Bataille pour un CASC

Vacances, activités sportives et culturelles, participation au paiement de la crèche, de l’accueil de loisirs… Ces aides au personnel municipal sont prises en charge en partie par la mairie et en partie par le Casc, une sorte de comité d’entreprise géré par le syndicat. La nouvelle majorité impose un changement brutal, en zappant la concertation promise.

Nous pensions que le compromis arraché sur cette gestion des œuvres sociales, suite à la grève de décembre dernier, avait permis de régler les problèmes. La bêtise et l’autoritarisme de la « nouvelle majorité » ont tout fichu par terre.

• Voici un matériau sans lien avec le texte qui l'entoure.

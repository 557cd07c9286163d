-- ===== src/Booking/Held.antt =====
-- What `createHold` leaves behind.
use lodgiva.Common.{
  ℕ, ◌+◌, ◌*◌, ◌≤◌, ◌<◌, some, List, ◌∷◌, String, map, ◌≡◌, refl, sym, ap, ◌∙◌, subst, arith,
  length, inl, inr, All, Any, [],
}
use mathlib.Core.Path.{subst₂}
use lodgiva.Common.Sorting.{All-map}
use lodgiva.Money.{nights_between}
use lodgiva.Money.Rounding.{nights_between-head}
use lodgiva.Store.{IsoDate, Property, Hold, Allocation, Db, ok, Result-cases}
use lodgiva.Access.{Auth, assert_property}
use lodgiva.Inventory.{allocate_stay, expire_stale_holds}
use lodgiva.Inventory.Slots.{UniqueSlots}
use lodgiva.Inventory.Claims.{At, For, Claimed}
use lodgiva.Inventory.Stays.{capacity, Below, allocate_stay-Below, allocate_stay-Frame}
use lodgiva.Restrictions.Rules.{Sellable, evaluate_restrictions_iff}
use lodgiva.Reservations.Effects.{assert_property-eq}
use lodgiva.Booking.Quotes.{QuoteResult, rules_input, assert_range, price_stay}
use lodgiva.Booking.Priced.{Priced, assert_range-Range, price_stay-Priced}
use lodgiva.Booking.Sweep.{expire_stale_holds-Swept}
use lodgiva.Booking.Holds.{
  CreateHold, HoldReceipt, hold_query, hold_row, hold_input, place_hold, create_hold,
}

-- A row of the table that stands for a claim of a hold, on its night and slot.
abbrev pub Kept : Hold → Db → IsoDate × ℕ → Type 0
Kept row db c =
    Any
      (λ a.
        (a.room_type_id ≡ row.room_type_id)
        × (a.date ≡ c.0)
        × (a.slot_index ≡ c.1)
        × (a.hold_id ≡ some row.id))
      db.allocations

Kept-of_Claimed :
    (row : Hold) (db : Db) (c : IsoDate × ℕ) → Claimed (hold_input row) db c → Kept row db c
Kept-of_Claimed row db c = go db.allocations
  where
    go :
        (l : List Allocation)
        → Any (λ a. At (hold_input row) c a × For (hold_input row) a) l
        → Any
            (λ a.
              (a.room_type_id ≡ row.room_type_id)
              × (a.date ≡ c.0)
              × (a.slot_index ≡ c.1)
              × (a.hold_id ≡ some row.id))
            l
    go [] h = absurd h
    go (a ∷ l) (inl (at, inl (its, _))) = inl (at.0, at.1, at.2, its)
    go (a ∷ l) (inl (at, inr (k, e, _, _))) = absurd (ground (arith, e))
    go (a ∷ l) (inr h) = inr (go l h)

-- The writes of a hold that is placed.
pub record Stored (sha256 : String → String) (token : String) (minutes : ℕ) (auth : Auth)
    (dto : CreateHold) (property : Property) (quoted : QuoteResult) (mid : Db) (row : Hold)
    (db' : Db) : Type 0 where
  pub is_row :
      row ≡ hold_row auth dto property quoted (sha256 token) (mid.now + minutes * 60000) mid.next_id
  pub holds : db'.holds ≡ row ∷ mid.holds
  pub claims : List (IsoDate × ℕ)
  pub dated : map (λ c. c.0) claims ≡ nights_between dto.arrival_date dto.departure_date
  pub claimed : All (Kept row db') claims
  pub below : Below (hold_input row) mid claims
  pub unique : UniqueSlots db'.allocations
  pub reservations : db'.reservations ≡ mid.reservations
  pub stays : db'.reservation_rooms ≡ mid.reservation_rooms

place_hold-Stored :
    (sha256 : String → String) (token : String) (minutes : ℕ) (auth : Auth) (dto : CreateHold)
    (property : Property) (quoted : QuoteResult) (mid : Db) (row : Hold) (db' : Db)
    → UniqueSlots mid.allocations
    → place_hold sha256 token minutes auth dto property quoted mid ≡ ok (row, db')
    → Stored sha256 token minutes auth dto property quoted mid row db'
unfolding place_hold
place_hold-Stored sha256 token minutes auth dto property quoted mid row db' u h =
    let expires_at = mid.now + minutes * 60000 in
    let placed = hold_row auth dto property quoted (sha256 token) expires_at mid.next_id in
    let before : Db = record mid { next_id = mid.next_id + 1; holds = placed ∷ mid.holds } in
    elim (Result-cases (allocate_stay (hold_input placed) before)) [
      | inr (e, failed) ↦ absurd (ground arith)
      | inl ((claims, after), ran) ↦
          let (apart, dated, below, stands) =
            allocate_stay-Below (hold_input placed) before after claims u ran in
          let kept = allocate_stay-Frame (hold_input placed) before after claims ran in
          let facts : (row ≡ placed)
              × (db'.holds ≡ after.holds)
              × (db'.allocations ≡ after.allocations)
              × (db'.reservations ≡ after.reservations)
              × (db'.reservation_rooms ≡ after.reservation_rooms) =
            ground (arith, ran) in
          record {
            is_row = facts.0;
            holds = facts.1 ∙ kept.holds ∙ ap (λ r. r ∷ mid.holds) (sym facts.0);
            claims = claims;
            dated = dated;
            claimed =
                All-map (Claimed (hold_input placed) after)
                  (λ c s. rw (facts.0, facts.2) (Kept-of_Claimed placed after c s)) claims stands;
            below = subst (λ r. Below (hold_input r) mid claims) (sym facts.0) (below refl);
            unique = rw facts.2 apart;
            reservations = facts.3 ∙ kept.reservations;
            stays = facts.4 ∙ kept.stays;
          }
    ]

-- A hold was created: for a caller `auth`, from the body `dto`, with the token that is handed out.
pub record Held (sha256 : String → String) (token : String) (minutes : ℕ) (auth : Auth)
    (dto : CreateHold) (db : Db) (r : HoldReceipt) (db' : Db) : Type 0 where
  pub property : Property
  pub stale : ℕ
  pub mid : Db
  pub row : Hold
  pub reached : assert_property auth dto.property_id db ≡ ok (property, db)
  pub range : dto.arrival_date < dto.departure_date
  pub within : length (nights_between dto.arrival_date dto.departure_date) ≤ 60
  pub swept : expire_stale_holds (some auth.tenant_id) db ≡ ok (stale, mid)
  pub priced : Priced (hold_query auth dto property) mid r.quoted
  pub sellable :
      Sellable
        (rules_input (hold_query auth dto property) r.quoted.rate_plan mid.restrictions)
        dto.arrival_date
  pub stored : Stored sha256 token minutes auth dto property r.quoted mid row db'
  pub its_id : r.hold_id ≡ row.id
  pub its_token : r.hold_token ≡ token
  pub its_end : r.expires_at ≡ row.expires_at
  pub below : Below (hold_input row) db stored.claims
  pub reservations : db'.reservations ≡ db.reservations
  pub stays : db'.reservation_rooms ≡ db.reservation_rooms

-- The parts of a hold that was created.
assembled :
    (sha256 : String → String) (token : String) (minutes : ℕ) (auth : Auth) (dto : CreateHold)
    (db : Db) (r : HoldReceipt) (db' : Db)
    → UniqueSlots db.allocations
    → (property : Property) → assert_property auth dto.property_id db ≡ ok (property, db)
    → dto.arrival_date < dto.departure_date
    → length (nights_between dto.arrival_date dto.departure_date) ≤ 60
    → (stale : ℕ) (mid : Db) → expire_stale_holds (some auth.tenant_id) db ≡ ok (stale, mid)
    → Priced (hold_query auth dto property) mid r.quoted
    → (row : Hold) → place_hold sha256 token minutes auth dto property r.quoted mid ≡ ok (row, db')
    → r.hold_id ≡ row.id
    → r.hold_token ≡ token
    → r.expires_at ≡ row.expires_at
    → Held sha256 token minutes auth dto db r db'
assembled sha256 token minutes auth dto db r db' u property reached range within stale mid swept
      priced row placed e k t =
    let input = hold_query auth dto property in
    let kept = expire_stale_holds-Swept auth db mid stale swept in
    let stored =
      place_hold-Stored sha256 token minutes auth dto property r.quoted mid row db' (kept.unique u)
        placed in
    let (later, head) = nights_between-head dto.arrival_date dto.departure_date range in
    record {
      property = property;
      stale = stale;
      mid = mid;
      row = row;
      reached = reached;
      range = range;
      within = within;
      swept = swept;
      priced = priced;
      sellable =
          (evaluate_restrictions_iff (rules_input input r.quoted.rate_plan mid.restrictions)
              dto.arrival_date later head).0
            priced.allowed;
      stored = stored;
      its_id = e;
      its_token = k;
      its_end = t;
      below =
          All-map (λ c. c.1 < capacity (hold_input row) c.0 mid)
            (λ c b. rw (← kept.rooms, ← kept.blocks) b) stored.claims stored.below;
      reservations = stored.reservations ∙ kept.reservations;
      stays = stored.stays ∙ kept.stays;
    }

-- Where the slots of the table are apart, a hold is created at a property of the caller, for 1 to
-- 60 nights of an active plan that the rules on selling allow and whose rooms sleep the guests,
-- after the lapsed holds have been swept. It is the newest row, active, with the hash of its token,
-- and the price of the quote, which is what the tax engine makes of the nights. For every night a
-- row of the table with a slot below the number of rooms that can be sold is allocated to it; the
-- slots stay apart, and reservations and stays are as they were.
pub create_hold-Held :
    (sha256 : String → String) (token : String) (minutes : ℕ) (auth : Auth) (dto : CreateHold)
    (db : Db) (r : HoldReceipt) (db' : Db)
    → UniqueSlots db.allocations
    → create_hold sha256 token minutes auth dto db ≡ ok (r, db')
    → Held sha256 token minutes auth dto db r db'
unfolding create_hold
create_hold-Held sha256 token minutes auth dto db r db' u h =
    elim (Result-cases (assert_range dto.arrival_date dto.departure_date db)) [
      | inr (e, failed) ↦ absurd (ground arith)
      | inl ((x, d1), ranged) ↦
          let (range, within, same1) =
            assert_range-Range dto.arrival_date dto.departure_date db d1 x ranged in
          elim (Result-cases (assert_property auth dto.property_id db)) [
            | inr (e, failed) ↦ absurd (ground (arith, same1))
            | inl ((property, d2), asserted) ↦
                let same2 = assert_property-eq auth dto.property_id db d2 property asserted in
                elim (Result-cases (expire_stale_holds (some auth.tenant_id) db)) [
                  | inr (e, failed) ↦ absurd (ground (arith, same1, same2))
                  | inl ((stale, mid), swept) ↦
                      elim (Result-cases (price_stay (hold_query auth dto property) mid)) [
                        | inr (e, failed) ↦ absurd (ground (arith, same1, same2))
                        | inl ((quoted, d3), ran) ↦
                            let (priced, same3) =
                              price_stay-Priced (hold_query auth dto property) mid quoted d3 ran in
                            elim (Result-cases
                              (place_hold sha256 token minutes auth dto property quoted mid)) [
                                | inr (e, failed) ↦ absurd (ground (arith, same1, same2, same3))
                                | inl ((row, end), placed) ↦
                                    let facts : (r.hold_id ≡ row.id)
                                        × (r.hold_token ≡ token)
                                        × (r.expires_at ≡ row.expires_at)
                                        × (r.quoted ≡ quoted)
                                        × (db' ≡ end) =
                                      ground (arith, same1, same2, same3, placed) in
                                    assembled sha256 token minutes auth dto db r db' u property
                                      (asserted ∙ ap (λ d. ok (property, d)) same2) range within
                                      stale mid swept
                                      (subst (λ q. Priced (hold_query auth dto property) mid q)
                                        (sym facts.3) priced)
                                      row
                                      (subst₂
                                        (λ q d.
                                          place_hold sha256 token minutes auth dto property q mid
                                          ≡ ok (row, d))
                                        (sym facts.3) (sym facts.4) placed)
                                      facts.0 facts.1 facts.2
                              ]
                      ]
                ]
          ]
    ]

Nous avions déjà abordé ce problème : c’est là.

Un petit résumé quand même

Tout employeur a l’obligation de définir une liste d’œuvres sociales pour ses salariés et de les financer. Pour les villes, une loi (du temps de Chirac et Villepin !) précise que le conseil municipal doit définir ces prestations et en fixer le financement (aides au paiement de la crèche ou de l’accueil de loisirs des enfants, vacances, loisirs, etc).

Ensuite, une partie est gérée directement par la Ville, une autre par une institution avec laquelle la Ville passe une convention. A Villejuif c’est le Casc (Comité d’actions sociales et culturelles), association locale liée à la Cgt.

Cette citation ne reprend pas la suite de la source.